Strict convexity and equivalent conditions

I have asked on Stackexchange but so far no feedback so I am reposting here hoping for some help.

Let $ f \colon \mathbb R^n \to [0,+\infty)$ be a convex, positively 1-homogeneous function, i.e. it holds $ $ f(\lambda x + (1-\lambda)y) \le \lambda f(x) + (1-\lambda) f(y), \qquad \forall \lambda \in [0,1], \, \forall x,y \in \mathbb R^n $ $ and $ $ f(\lambda x) = \lambda f(x), \qquad \forall \lambda >0, \, x \in \mathbb R^n. $ $

Let me denote by $ E_c := \{ f \le c\}$ the sub-level set at height $ c$ . I have been asked to show that the sub-level sets are homothetic and indeed I have proved that $ E_c = cE_1$ for every $ c>0$ . Now, assuming that $ f$ is also of class $ C^2(\mathbb R^n)$ , I have to investigate the validity of the following equivalence:

(A) The set $ E_1$ is strictly convex;

(B) There exists $ s>0$ such that $ $ \nabla^2 f[x] (z,z) \ge s \vert z – (z\cdot x)x \vert^2 $ $ for every $ x,z \in \mathbb R^n$ .

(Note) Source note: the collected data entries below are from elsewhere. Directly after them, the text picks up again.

-- ===== src/Schedules/Examples.antt =====
-- Tests and instances for the schedules.
use shed.Prelude.{
  if◌then◌else◌, ◌+◌, ◌≡◌, refl, true, none, some, [], ◌∷◌, map, arith, string_eq, trim, word_count,
}
use shed.Types.{once}
use shed.Types.EndBehavior.{loop}
use shed.Types.ScheduleItemKind.{vod}
use shed.Scheduler.{due_schedules}
use shed.Schedules.{system_tz, create, set_timezone, scheduled}
use shed.Schedules.Rows.{UpsertSchedule, ScheduleRow, Planner}
use shed.Schedules.NextRun.{Calendar, to_six_field, next_run_after}
use shed.Schedules.Times.{new_timezone_passes_over_due}
use shed.Schedules.Saved.{Saved, create-Saved}

abbrev calendar : Calendar
calendar = record {
  parse_local = λ s. if string_eq s "2030-01-01T20:00" then some 100 else none;
  to_utc = λ tz local. some local;
  cron_valid = λ expr. string_eq expr "0 0 20 * * *";
  cron_next = λ expr tz after. some (after + 60);
  zone_known = λ name. string_eq name "UTC";
}

-- Row 1 is due at 50.
abbrev daily : ScheduleRow
daily = record {
  id = 1;
  name = "daily";
  enabled = 1;
  trigger_kind = "cron";
  trigger_at = none;
  trigger_cron = some "0 20 * * *";
  destination_ids = some [];
  standby_asset_id = none;
  end_behavior = "stop";
  until_at = none;
  next_run_at = some 50;
}

abbrev planner : Planner
planner = record {
  schedules = daily ∷ [];
  items = [];
  system_timezone = none;
  schedule_nudge = 0;
  active_schedule = none;
  started = [];
}

abbrev evening : UpsertSchedule
evening = record {
  name = "evening";
  enabled = true;
  trigger = once "2030-01-01T20:00";
  destination_ids = 5 ∷ [];
  standby_asset_id = none;
  end_behavior = loop;
  until_at = none;
  items = (vod, 8) ∷ (vod, 9) ∷ [];
}

five_fields : to_six_field " 0  20 * * * " ≡ "0 0  20 * * *"
unfolding to_six_field trim word_count
five_fields = refl

past_one_off : next_run_after calendar "UTC" (once "2030-01-01T20:00") 100 ≡ none
unfolding next_run_after
past_one_off = refl

create-Saved_example :
    Saved calendar
      (λ rows. rows)
      (system_tz calendar planner)
      60
      2
      evening
      planner
      (create calendar (λ rows. rows) 60 2 evening planner)
create-Saved_example =
    create-Saved calendar (λ rows. rows) (λ rows h. refl) 60 2 evening planner refl

new_timezone_passes_over_due_example :
    let p' = (set_timezone calendar 55 "UTC" planner).1 in
    (due_schedules 55 (map scheduled p'.schedules) ≡ [])
    × (map (λ r. r.id) p'.schedules ≡ 1 ∷ [])
    × (map (λ r. r.enabled) p'.schedules ≡ 1 ∷ [])
new_timezone_passes_over_due_example =
    new_timezone_passes_over_due calendar (λ expr tz after t h. ground (arith, h)) 55 "UTC" planner
      refl
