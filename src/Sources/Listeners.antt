-- ===== src/Sources/Listeners.antt =====
-- The command line of an SRT listener: crates/api/src/srt.rs, `start_srt_listener`.
use shed.Prelude.{
  if◌then◌else◌, ℕ, ◌*◌, String, Option, none, some, List, [], ◌∷◌, ◌++◌, concat, decimal,
  string_eq,
}
use shed.Output.{OutputConfig}
use shed.Rtmp.{kbps}

unfoldable pub srt_url : ℕ → Option String → String
srt_url port none = concat ("srt://0.0.0.0:" ∷ decimal port ∷ "?mode=listener" ∷ [])
srt_url port (some pw) =
    if string_eq pw ""
    then concat ("srt://0.0.0.0:" ∷ decimal port ∷ "?mode=listener" ∷ [])
    else concat ("srt://0.0.0.0:" ∷ decimal port ∷ "?mode=listener" ∷ "&passphrase=" ∷ pw ∷ [])

unfoldable pub srt_args : ℕ → Option String → OutputConfig → List String
srt_args port passphrase cfg =
    let size = concat (decimal cfg.width ∷ ":" ∷ decimal cfg.height ∷ []) in
    ("-hide_banner" ∷ "-loglevel" ∷ "warning" ∷ "-i" ∷ srt_url port passphrase ∷ [])
    ++ ("-vf"
        ∷ concat (
            "scale=" ∷ size ∷ ":force_original_aspect_ratio=decrease,pad=" ∷ size
            ∷ ":(ow-iw)/2:(oh-ih)/2:black" ∷ [])
        ∷ [])
    ++ ("-c:v" ∷ "libx264" ∷ "-preset" ∷ "veryfast" ∷ "-tune" ∷ "zerolatency" ∷ [])
    ++ ("-b:v" ∷ kbps cfg.video_bitrate_kbps ∷ "-maxrate" ∷ kbps cfg.video_bitrate_kbps ∷ [])
    ++ ("-bufsize" ∷ kbps (cfg.video_bitrate_kbps * 2) ∷ "-g" ∷ decimal (cfg.fps * 2) ∷ [])
    ++ ("-r" ∷ decimal cfg.fps ∷ "-pix_fmt" ∷ "yuv420p" ∷ "-c:a" ∷ "aac" ∷ [])
    ++ ("-b:a" ∷ kbps cfg.audio_bitrate_kbps ∷ "-ar" ∷ "48000" ∷ [])
    ++ ("-f" ∷ "flv" ∷ "-flvflags" ∷ "no_duration_filesize" ∷ "pipe:1" ∷ [])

Q. Is it true that (A) iff (B)?

I have no idea on how to face the question, and I am looking for some intuition behind condition (B). What is it actually saying? How could it be related to sub-level sets?


ADDENDUM: I think I got some intuition behind condition (B). If I am not wrong that should be a uniform bound (from below) on the Gaussian curvature of the level set $ \{f=1\}$ (assuming that all points are regular, i.e. $ \vert \nabla f \vert \ne 0$ ). This is an easy consequence of the formula contained in this page. Do you agree on this consideration? Now the question becomes: how is it possible to relate a bound on the Gaussian curvature of the level set $ \{f=1\}$ with its convexity?